30 thoughts on “Weekend Winks – Booblegging Booze Style

  1. markbialczak says:

    Yay to the whole damn thing, CBXB, Mrs. America, Jell-O shots, football season, and, of course, the way you celebrate all of the above, my friend!

  2. Booblegging – absolutely love that term! What is on those housewives cups & wheredya get them?
    Stellar weekend goddess!!!
    Me thinks you need one of those headless football hunks for the mini manse!

  3. JMC813 says:

    Once again my friend is livin the life!!! Thanks for keeping us up on the CBXB party happenings. Now to go check my season sched. to see if the Niners might be playing the Titans this year. It would be an honor and a priviledge to enter the smack talk battlefield with one as sharp witted as yourself!!!

  4. vudragovich says:

    LOVE how you used a cup as bunny ears on Ted!

    I do not know how but I forgot about you chilling booze before putting it in your bra…how do you do it?
    (your top was even low cut)

    And the baby bag won right?
    For the woman who has to carry it all and extra bum wipes!

    • Baby bag did not win, negative.

      Ted just loves a prop in a pic, so he was thrilled to ‘wear’ the bunny ears!

      I am a grand master at smuggling booze – chilled and room temp. I suffer for the greater good of a cocktail!
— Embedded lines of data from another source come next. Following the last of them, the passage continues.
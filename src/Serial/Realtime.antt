-- ===== src/Serial/Realtime.antt =====
-- ISR(SERIAL_RX) of serial.c: realtime commands raise flags, every other byte is stored.
use g_carvin.Base.{
  ℕ, Bool, true, false, ◌||◌, ltb, ◌==◌, if◌then◌else◌, if_ind, if_true, if_false, Option, none,
  some, ◌≡◌, arith,
}
use g_carvin.System.{State, jog, Machine, MotionOverride, AccessoryOverride}
use g_carvin.System.Flags.{
  no_exec, no_motion, no_accessory, system_set_exec_state_flag,
  system_set_exec_motion_override_flag, system_set_exec_accessory_override_flag,
}
use g_carvin.System.Raises.{
  OnlyRaises, OnlyRaises-refl, set_exec-OnlyRaises, set_motion-OnlyRaises, set_accessory-OnlyRaises,
}
use g_carvin.MotionControl.{mc_reset, mc_reset-OnlyRaises}
use g_carvin.Serial.{Serial, store_rx}

abbrev pub is_jog : State → Bool
is_jog jog = true
is_jog _ = false

-- The commands 0x90 to 0x97 of the inner switch.
unfoldable pub motion_command : ℕ → Machine → Machine
motion_command c m =
    let set = system_set_exec_motion_override_flag in
    if c == 0x90
    then set (record no_motion { feed_reset = true }) m
    else if c == 0x91
    then set (record no_motion { feed_coarse_plus = true }) m
    else if c == 0x92
    then set (record no_motion { feed_coarse_minus = true }) m
    else if c == 0x93
    then set (record no_motion { feed_fine_plus = true }) m
    else if c == 0x94
    then set (record no_motion { feed_fine_minus = true }) m
    else if c == 0x95
    then set (record no_motion { rapid_reset = true }) m
    else if c == 0x96
    then set (record no_motion { rapid_medium = true }) m
    else if c == 0x97
    then set (record no_motion { rapid_low = true }) m
    else m

-- The commands 0x99 to 0xA0 of the inner switch; the mist toggle 0xA1 needs ENABLE_M7.
unfoldable pub accessory_command : ℕ → Machine → Machine
accessory_command c m =
    let set = system_set_exec_accessory_override_flag in
    if c == 0x99
    then set (record no_accessory { spindle_reset = true }) m
    else if c == 0x9A
    then set (record no_accessory { spindle_coarse_plus = true }) m
    else if c == 0x9B
    then set (record no_accessory { spindle_coarse_minus = true }) m
    else if c == 0x9C
    then set (record no_accessory { spindle_fine_plus = true }) m
    else if c == 0x9D
    then set (record no_accessory { spindle_fine_minus = true }) m
    else if c == 0x9E
    then set (record no_accessory { spindle_stop = true }) m
    else if c == 0xA0
    then set (record no_accessory { flood_toggle = true }) m
    else m

-- The inner switch, for bytes above 0x7F. The cases are distinct constants.
unfoldable pub extended_command : ℕ → Machine → Machine
extended_command c m =
    if c == 0x84
    then system_set_exec_state_flag (record no_exec { safety_door = true }) m
    else if c == 0x85
    then (if is_jog m.state
        then system_set_exec_state_flag (record no_exec { motion_cancel = true }) m
        else m)
    else if ltb c 0x98
    then motion_command c m
    else accessory_command c m

-- The cases of the switch that return, with DEBUG off and CARVIN on.
unfoldable pub received_byte : ℕ → Serial → Machine → Serial × Machine
received_byte c s m =
    let set = system_set_exec_state_flag in
    if c == 0x18
    then (s, mc_reset m)
    else if c == b'?'
    then (s, set (record no_exec { status_report = true }) m)
    else if c == b'~'
    then (s, set (record no_exec { cycle_start = true }) m)
    else if c == b'!'
    then (s, set (record no_exec { feed_hold = true }) m)
    else if c == b'@'
    then (s, set (record no_exec { safety_door = true }) m)
    else if ltb 0x7F c
    then (s, extended_command c m)
    else (store_rx c s, m)

-- The whole handler. `none` is the reset of the CPU, which does not return.
unfoldable pub serial_rx_isr : ℕ → Serial → Machine → Option (Serial × Machine)
serial_rx_isr c s m = if c == 0x19 then none else some (received_byte c s m)

-- The bytes that return and never reach the line buffer.
abbrev pub is_realtime : ℕ → Bool
is_realtime c = c == 0x18 || (c == b'?' || (c == b'~' || (c == b'!' || (c == b'@' || ltb 0x7F c))))

motion_command-OnlyRaises : (c : ℕ) (m : Machine) → OnlyRaises m (motion_command c m)
unfolding motion_command
motion_command-OnlyRaises c m = either (c == 0x90) (r _) (
    either (c == 0x91) (r _) (
      either (c == 0x92) (r _) (
        either (c == 0x93) (r _) (
          either (c == 0x94) (r _) (
            either (c == 0x95) (r _)
              (either (c == 0x96) (r _) (either (c == 0x97) (r _) (OnlyRaises-refl m))))))))
  where
    either :
        (b : Bool) {x y : Machine}
        → OnlyRaises m x
        → OnlyRaises m y
        → OnlyRaises m (if b then x else y)
    either b = if_ind (OnlyRaises m) b

    r : (e : MotionOverride) → OnlyRaises m (system_set_exec_motion_override_flag e m)
    r e = set_motion-OnlyRaises e m

accessory_command-OnlyRaises : (c : ℕ) (m : Machine) → OnlyRaises m (accessory_command c m)
unfolding accessory_command
accessory_command-OnlyRaises c m = either (c == 0x99) (r _) (
    either (c == 0x9A) (r _) (
      either (c == 0x9B) (r _) (
        either (c == 0x9C) (r _) (
          either (c == 0x9D) (r _)
            (either (c == 0x9E) (r _) (either (c == 0xA0) (r _) (OnlyRaises-refl m)))))))
  where
    either :
        (b : Bool) {x y : Machine}
        → OnlyRaises m x
        → OnlyRaises m y
        → OnlyRaises m (if b then x else y)
    either b = if_ind (OnlyRaises m) b

    r : (e : AccessoryOverride) → OnlyRaises m (system_set_exec_accessory_override_flag e m)
    r e = set_accessory-OnlyRaises e m

extended_command-OnlyRaises : (c : ℕ) (m : Machine) → OnlyRaises m (extended_command c m)
unfolding extended_command
extended_command-OnlyRaises c m = either (c == 0x84) (set_exec-OnlyRaises _ m) (
    either (c == 0x85) (either (is_jog m.state) (set_exec-OnlyRaises _ m) (OnlyRaises-refl m))
      (either (ltb c 0x98) (motion_command-OnlyRaises c m) (accessory_command-OnlyRaises c m)))
  where
    either :
        (b : Bool) {x y : Machine}
        → OnlyRaises m x
        → OnlyRaises m y
        → OnlyRaises m (if b then x else y)
    either b = if_ind (OnlyRaises m) b

received_byte-OnlyRaises : (c : ℕ) (s : Serial) (m : Machine) → OnlyRaises m (received_byte c s m).1
unfolding received_byte
received_byte-OnlyRaises c s m = either (c == 0x18) _ _ (mc_reset-OnlyRaises m) (
    either (c == b'?') _ _ (set_exec-OnlyRaises _ m) (
      either (c == b'~') _ _ (set_exec-OnlyRaises _ m) (
        either (c == b'!') _ _ (set_exec-OnlyRaises _ m) (
          either (c == b'@') _ _ (set_exec-OnlyRaises _ m)
            (either (ltb 0x7F c) _ _ (extended_command-OnlyRaises c m) (OnlyRaises-refl m))))))
  where
    either :
        (b : Bool) (x y : Serial × Machine)
        → OnlyRaises m x.1
        → OnlyRaises m y.1
        → OnlyRaises m (if b then x else y).1
    either b x y = if_ind (λ (p : Serial × Machine). OnlyRaises m p.1) b

-- Whatever byte but 0x19 arrives in whatever state, the receive interrupt returns, leaves the
-- machine's state, its suspend and step control bytes, its abort flag, its feed, rapid and spindle
-- speed overrides and the override that stops the spindle alone, and lowers none of the reset, door,
-- hold, cycle start and cycle stop flags. At 0x19 it does not return.
pub serial_rx_isr-OnlyRaises :
    (c : ℕ) (s : Serial) (m : Machine)
    → ((c == 0x19) ≡ true → serial_rx_isr c s m ≡ none)
      × ((c == 0x19) ≡ false
          → (s' : Serial) × (m' : Machine) × (serial_rx_isr c s m ≡ some (s', m'))
            × OnlyRaises m m')
unfolding serial_rx_isr
serial_rx_isr-OnlyRaises c s m = (
  λ reset. if_true _ _ reset,
  λ other. (_, _, if_false _ _ other, received_byte-OnlyRaises c s m),
)

-- The receive interrupt puts a byte into the line buffer exactly when it is no realtime command.
pub received_byte-buffer :
    (c : ℕ) (s : Serial) (m : Machine)
    → (received_byte c s m).0 ≡ (if is_realtime c then s else store_rx c s)
unfolding received_byte
received_byte-buffer c s m = ground arith
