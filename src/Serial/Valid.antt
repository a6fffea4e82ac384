-- ===== src/Serial/Valid.antt =====
-- The representation invariant of the two rings of serial.c.
use g_carvin.Base.{ℕ, ◌≤◌, ◌<◌, true, false, not, List, ◌≡◌, arith, ◌==◌, length, set, length-set}
use g_carvin.Base.Ring.{held, next_index}
use g_carvin.Serial.{
  Serial, rx_ring_buffer, tx_ring_buffer, step8, serial_udre_isr, serial_read, store_rx, store_tx,
  serial_reset_read_buffer,
}

-- Indices in range, and the transmit interrupt enabled exactly while there is a byte to send.
pub record IsValid (s : Serial) : Type 0 where
  pub rx_fits : rx_ring_buffer ≤ length s.rx_buffer
  pub tx_fits : tx_ring_buffer ≤ length s.tx_buffer
  pub rx_head_in : s.rx_head < rx_ring_buffer
  pub rx_tail_in : s.rx_tail < rx_ring_buffer
  pub tx_head_in : s.tx_head < tx_ring_buffer
  pub tx_tail_in : s.tx_tail < tx_ring_buffer
  pub interrupt_when_queued : s.tx_interrupt ≡ not (s.tx_head == s.tx_tail)

-- The bytes received and not yet read, oldest first.
abbrev pub received : Serial → List ℕ
received s = held 0 s.rx_buffer rx_ring_buffer s.rx_head s.rx_tail

-- The bytes accepted for sending and not yet sent, oldest first.
abbrev pub queued : Serial → List ℕ
queued s = held 0 s.tx_buffer tx_ring_buffer s.tx_head s.tx_tail

-- In range, the `uint8_t` step is the step of the ring.
pub step8-next : (size i : ℕ) → i < size → size ≤ 255 → step8 size i ≡ next_index size i
step8-next size i h k = ground arith

pub store_rx-full :
    (c : ℕ) (s : Serial) → (step8 rx_ring_buffer s.rx_head == s.rx_tail) ≡ true → store_rx c s ≡ s
unfolding store_rx
store_rx-full c s full = ground arith

pub store_rx-free :
    (c : ℕ) (s : Serial)
    → (step8 rx_ring_buffer s.rx_head == s.rx_tail) ≡ false
    → store_rx c s ≡ record s {
      rx_buffer = set s.rx_buffer s.rx_head c;
      rx_head = step8 rx_ring_buffer s.rx_head;
    }
unfolding store_rx
store_rx-free c s free = ground arith

pub store_rx-IsValid : {s : Serial} (c : ℕ) → IsValid s → IsValid (store_rx c s)
unfolding store_rx
store_rx-IsValid {s} c v = ground (arith, length-set s.rx_buffer s.rx_head c)

pub serial_read-IsValid : {s : Serial} → IsValid s → IsValid (serial_read s).1
unfolding serial_read
serial_read-IsValid v = ground arith

pub store_tx-IsValid :
    {s : Serial} (c : ℕ)
    → IsValid s
    → (step8 tx_ring_buffer s.tx_head == s.tx_tail) ≡ false
    → IsValid (store_tx c s)
store_tx-IsValid {s} c v free = ground (arith, length-set s.tx_buffer s.tx_head c)

pub serial_udre_isr-IsValid :
    {s : Serial} → IsValid s → s.tx_interrupt ≡ true → IsValid (serial_udre_isr s)
unfolding serial_udre_isr
serial_udre_isr-IsValid v on = ground arith

pub serial_reset_read_buffer-IsValid :
    {s : Serial} → IsValid s → IsValid (serial_reset_read_buffer s)
unfolding serial_reset_read_buffer
serial_reset_read_buffer-IsValid v = ground arith
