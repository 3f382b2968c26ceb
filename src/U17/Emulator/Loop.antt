-- ===== src/U17/Emulator/Loop.antt =====
-- The register loop at 037C computes the checksum of the image format, with 0x7DFD reads.
use sc_adat_appliance.Base.{
  ℕ, ◌+◌, ◌-◌, ◌*◌, ◌%◌, ◌≤◌, ◌<◌, zero, suc, ◌≡◌, ◌↔◌, refl, true, false, List, [], ◌∷◌, ◌++◌,
  some, arith, length, get_elem?, take, drop, get_elem?-drop, All-get_elem?, length-append,
}
use sc_adat_appliance.Base.Bytes.{complement16, sum, AllBytes, IsByte}
use sc_adat_appliance.Base.Result.{Result, ok}
use sc_adat_appliance.U17.Image.{checksum}
use sc_adat_appliance.U17.Emulator.{
  checksum_037c, Fault, Regs, Read, Checksum, xdata_read, address, done, advance, loop, start,
  summary,
}

record InRange (r : Regs) : Type 0 where
  r4_byte : r.r4 < 256
  r5_byte : r.r5 < 256
  r7_byte : r.r7 < 256

-- R4:R5 as one number.
abbrev total : Regs → ℕ
total r = r.r4 * 256 + r.r5

advance-InRange : {r : Regs} (v : ℕ) → InRange r → InRange (advance v r)
unfolding advance
advance-InRange v h = ground arith

total-advance :
    {r : Regs} (v : ℕ) → v < 256 → InRange r → total (advance v r) ≡ (total r + v) % 0x10000
unfolding advance
total-advance v b h = ground arith

address-advance :
    {r : Regs} (v : ℕ) → address r < 0xFFFF → InRange r → address (advance v r) ≡ address r + 1
unfolding advance address
address-advance v b h = ground arith

done_iff : (r : Regs) → InRange r → (done r ≡ true) ↔ (0xFDFD ≤ address r)
unfolding done address
done_iff r h = ground arith

-- A read of the image through its CPU address.
pub xdata_read_lem :
    (image : List ℕ) (cpu k v : ℕ)
    → cpu ≡ 0x8000 + k
    → k < 0x8000
    → get_elem? image k ≡ some v
    → xdata_read image cpu ≡ ok v
unfolding xdata_read
xdata_read_lem image cpu k v a h e =
    let z : cpu - 0x8000 ≡ k = omega arith in rw (z, e) (ground arith)

abbrev note : Regs → ℕ → Read
note r v = record { cpu_address = address r; file_offset = address r - 0x8000; value = v }

loop_stop :
    (fuel : ℕ) (image : List ℕ) (r : Regs) (reads : List Read)
    → done r ≡ true
    → loop (suc fuel) image r reads ≡ ok (r, reads)
unfolding loop
loop_stop fuel image r reads e = rw (e, loop)

loop_step :
    (fuel : ℕ) (image : List ℕ) (r : Regs) (reads : List Read) (v : ℕ)
    → done r ≡ false
    → xdata_read image (address r) ≡ ok v
    → loop (suc fuel) image r reads ≡ loop fuel image (advance v r) (reads ++ note r v ∷ [])
unfolding loop
loop_step fuel image r reads v e x = rw (e, x, loop)

-- What the loop returns from the byte `k` on, with `n` bytes to go.
record Ends (image : List ℕ) (n k count acc : ℕ) (out : Result Fault (Regs × List Read))
    : Type 0 where
  last : Regs
  reads : List Read
  returns : out ≡ ok (last, reads)
  counted : length reads ≡ count + n
  summed : total last ≡ (acc + sum (take n (drop k image))) % 0x10000
  ranged : InRange last

module _ (image : List ℕ) (len : length image ≡ 0x8000) (bytes : AllBytes image) where
  sum-take-drop :
      (n k v : ℕ)
      → drop k image ≡ v ∷ drop (suc k) image
      → sum (take (suc n) (drop k image)) ≡ v + sum (take n (drop (suc k) image))
  unfolding sum take
  sum-take-drop n k v e = rw e refl

  -- One more round in front.
  Ends-step :
      (n k count acc v : ℕ) (out : Result Fault (Regs × List Read))
      → drop k image ≡ v ∷ drop (suc k) image
      → Ends image n (suc k) (count + 1) ((acc + v) % 0x10000) out
      → Ends image (suc n) k count acc out
  Ends-step n k count acc v out e h = record {
    last = h.last;
    reads = h.reads;
    returns = h.returns;
    counted = omega (arith, h.counted);
    summed = omega (arith, h.summed, sum-take-drop n k v e);
    ranged = h.ranged;
  }

  loop-Ends :
      (n fuel k : ℕ) (r : Regs) (reads : List Read)
      → n + k ≡ 0x7DFD
      → n < fuel
      → address r ≡ 0x8000 + k
      → InRange r
      → Ends image n k (length reads) (total r) (loop fuel image r reads)
  loop-Ends n zero k r reads e f a h = absurd (omega arith)
  loop-Ends zero (suc fuel) k r reads e f a h =
      rw (loop_stop fuel image r reads ((done_iff r h).1 (omega arith))) (record {
        last = r;
        reads = reads;
        returns = refl;
        counted = omega arith;
        summed = unfold sum take in (omega (arith, h.r4_byte, h.r5_byte));
        ranged = h;
      })
  loop-Ends (suc n) (suc fuel) k r reads e f a h =
      let (v, at, rest) = get_elem?-drop k image (omega arith) in
      let byte : v < 256 = All-get_elem? IsByte k image v bytes at in
      let reads' : List Read = reads ++ note r v ∷ [] in
      let go : done r ≡ false = ground (arith, done_iff r h) in
      let read : xdata_read image (address r) ≡ ok v =
        xdata_read_lem image (address r) k v a (omega arith) at in
      let ih =
        loop-Ends n fuel (suc k) (advance v r) reads' (omega arith) (omega arith)
          (omega (arith, address-advance v (omega arith) h)) (advance-InRange v h) in
      let count : length reads' ≡ length reads + 1 =
        omega (arith, length-append reads (note r v ∷ [])) in
      rw (loop_step fuel image r reads v go read) (
        Ends-step n k (length reads) (total r) v (loop fuel image (advance v r) reads') rest
          (rw (← count, ← total-advance v byte h) ih))

  start-InRange : InRange start
  start-InRange = ground arith

  start-Ends : Ends image 0x7DFD 0 0 0 (loop 0x8000 image start [])
  start-Ends =
      loop-Ends 0x7DFD 0x8000 0 start [] refl (omega arith) (unfold address in refl) start-InRange

  unfolded : checksum_037c image ≡ ok (summary (start-Ends.last, start-Ends.reads))
  unfolding checksum_037c
  unfolded = rw (start-Ends.returns)

  complement-eq-checksum : (summary (start-Ends.last, start-Ends.reads)).complement ≡ checksum image
  unfolding checksum complement16 drop
  complement-eq-checksum =
      omega (arith, start-Ends.summed, start-Ends.ranged.r4_byte, start-Ends.ranged.r5_byte)

-- On an image of 0x8000 bytes the register loop ends, reads 0x7DFD bytes, and its R6:R7 is the
-- checksum that `u17_image.checksum` computes.
pub checksum_037c-eq-checksum :
    (image : List ℕ)
    → length image ≡ 0x8000
    → AllBytes image
    → (c : Checksum) × (checksum_037c image ≡ ok c)
      × (c.complement ≡ checksum image)
      × (c.read_count ≡ 0x7DFD)
checksum_037c-eq-checksum image len bytes = (
  summary ((start-Ends image len bytes).last, (start-Ends image len bytes).reads),
  unfolded image len bytes,
  complement-eq-checksum image len bytes,
  (start-Ends image len bytes).counted,
)
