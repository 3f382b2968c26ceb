-- ===== src/U17/Image/Build.antt =====
-- The builder against the validator: a built image is valid and holds both of its parts.
use sc_adat_appliance.Base.{
  ℕ, ◌≡◌, ◌≤◌, ◌<◌, sym, ap, ◌∙◌, List, [], ◌++◌, arith, length, take, drop, replicate, slice,
  splice, length-replicate, length-splice, length-append, length-take, length-drop,
  slice-splice_self, slice-splice_before, slice-take-append, take-splice, take-append_le, take-take,
  drop-take-append,
}
use sc_adat_appliance.Base.Bytes.{
  from_big-to_big, length-to_big, sum, same_refl, complement16, from_big, to_big,
}
use sc_adat_appliance.Base.Result.{ok}
use sc_adat_appliance.U17.Image.{signature, checksum, stored, validate, filled, build}

pub checksum-lt : (image : List ℕ) → checksum image < 0x10000
unfolding checksum complement16
checksum-lt image = omega arith

module _ (payload template : List ℕ) (short : length payload ≤ 0x7DFC)
    (whole : length template ≡ 0x8000) where
  abbrev field : List ℕ
  field = to_big 2 (checksum (filled payload))

  -- The image before the template's tail replaces its own.
  abbrev summed : List ℕ
  summed = splice 0x7DFE field (filled payload)

  abbrev pub built : List ℕ
  built = take 0x7E00 summed ++ drop 0x7E00 template

  length-blank : length (splice 0 payload (replicate 0x8000 0)) ≡ 0x8000
  length-blank =
      length-splice 0 payload (replicate 0x8000 0)
        (omega (arith, length-replicate {A = ℕ} 0x8000 0))
      ∙ length-replicate 0x8000 0

  length-filled : length (filled payload) ≡ 0x8000
  unfolding filled
  length-filled =
      length-splice 0x7DFC signature (splice 0 payload (replicate 0x8000 0))
        (omega (arith, length-blank))
      ∙ length-blank

  length-summed : length summed ≡ 0x8000
  length-summed =
      length-splice 0x7DFE field (filled payload)
        (omega (arith, length-filled, length-to_big 2 (checksum (filled payload))))
      ∙ length-filled

  pub length-built : length built ≡ 0x8000
  length-built = omega (
    arith,
    length-append {0} (take 0x7E00 summed) (drop 0x7E00 template),
    length-take {0} 0x7E00 summed,
    length-drop {0} 0x7E00 template,
    length-summed,
  )

  pub slice-built : (i j : ℕ) → j ≤ 0x7DFE → slice i j built ≡ slice i j (filled payload)
  slice-built i j h =
      slice-take-append i j 0x7E00 summed (drop 0x7E00 template) (omega arith)
        (omega (arith, length-summed))
      ∙ slice-splice_before i j 0x7DFE field (filled payload) h (omega (arith, length-filled))

  pub checksum-built : checksum built ≡ checksum (filled payload)
  unfolding checksum
  checksum-built =
      ap (λ (xs : List ℕ). complement16 (sum xs))
        (take-append_le 0x7DFD (take 0x7E00 summed) (drop 0x7E00 template)
            (omega (arith, length-take {0} 0x7E00 summed, length-summed))
          ∙ take-take 0x7DFD 0x7E00 summed (omega arith)
          ∙ take-splice 0x7DFD 0x7DFE field (filled payload) (omega arith)
              (omega (arith, length-filled)))

  pub field-built : slice 0x7DFE 0x7E00 built ≡ field
  field-built =
      slice-take-append 0x7DFE 0x7E00 0x7E00 summed (drop 0x7E00 template) (omega arith)
        (omega (arith, length-summed))
      ∙ slice-splice_self 0x7DFE 0x7E00 field (filled payload)
          (omega (arith, length-to_big 2 (checksum (filled payload))))
          (omega (arith, length-filled))

  pub stored-built : stored built ≡ checksum built
  unfolding stored
  stored-built =
      ap (from_big 0) field-built
      ∙ from_big-to_big 2 (checksum (filled payload)) (checksum-lt (filled payload))
      ∙ sym checksum-built

  pub signature-built : slice 0x7DFC 0x7DFE built ≡ signature
  unfolding filled
  signature-built =
      slice-built 0x7DFC 0x7DFE (omega arith)
      ∙ slice-splice_self 0x7DFC 0x7DFE signature (splice 0 payload (replicate 0x8000 0))
          (omega arith) (omega (arith, length-blank))

  payload-built : slice 0 (length payload) built ≡ payload
  unfolding filled
  payload-built =
      slice-built 0 (length payload) (omega arith)
      ∙ slice-splice_before 0 (length payload) 0x7DFC signature
          (splice 0 payload (replicate 0x8000 0)) short (omega (arith, length-blank))
      ∙ slice-splice_self 0 (length payload) payload (replicate 0x8000 0) (omega arith)
          (omega (arith, length-replicate {A = ℕ} 0x8000 0))

  tail-built : drop 0x7E00 built ≡ drop 0x7E00 template
  tail-built = drop-take-append 0x7E00 summed (drop 0x7E00 template) (omega (arith, length-summed))

  validate-built : validate built ≡ []
  unfolding validate
  validate-built =
      rw (signature-built, stored-built) (ground (arith, length-built, same_refl signature))

  pub build-eq-ok : build payload template ≡ ok built
  unfolding build
  build-eq-ok = ground arith

-- A payload of at most 0x7DFC bytes and a template of 0x8000 bytes build an image that passes
-- `validate`, begins with the payload, and ends from 0x7E00 on as the template does.
pub validate-build :
    (payload template : List ℕ)
    → length payload ≤ 0x7DFC
    → length template ≡ 0x8000
    → (image : List ℕ) × (build payload template ≡ ok image)
      × (validate image ≡ [])
      × (slice 0 (length payload) image ≡ payload)
      × (drop 0x7E00 image ≡ drop 0x7E00 template)
validate-build payload template short whole = (
  built payload template short whole,
  build-eq-ok payload template short whole,
  validate-built payload template short whole,
  payload-built payload template short whole,
  tail-built payload template short whole,
)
  5. Kaufmans Kavalkade says:

    Umm, in photo number 1 you seem to have forgotten your jock strap.

  6. Football gives us another reason to get drunk on a Sunday! And Sunday night. And Monday Night. Sometimes Thursday too. Add in college ball and also Saturdays.

    Football should be on every day.

  7. Carmen says:

    Love it!

    Sent from my iPhone


  8. Forgive this Brit’s ignorance but what’s in the blue packets?

    • VODKA! They’re a miracle as you can’t take a purse into the stadiums here anymore (which is where I used to put a flask). So now I can just put packets of vodka in my bra. Very classy American you have for a friend here!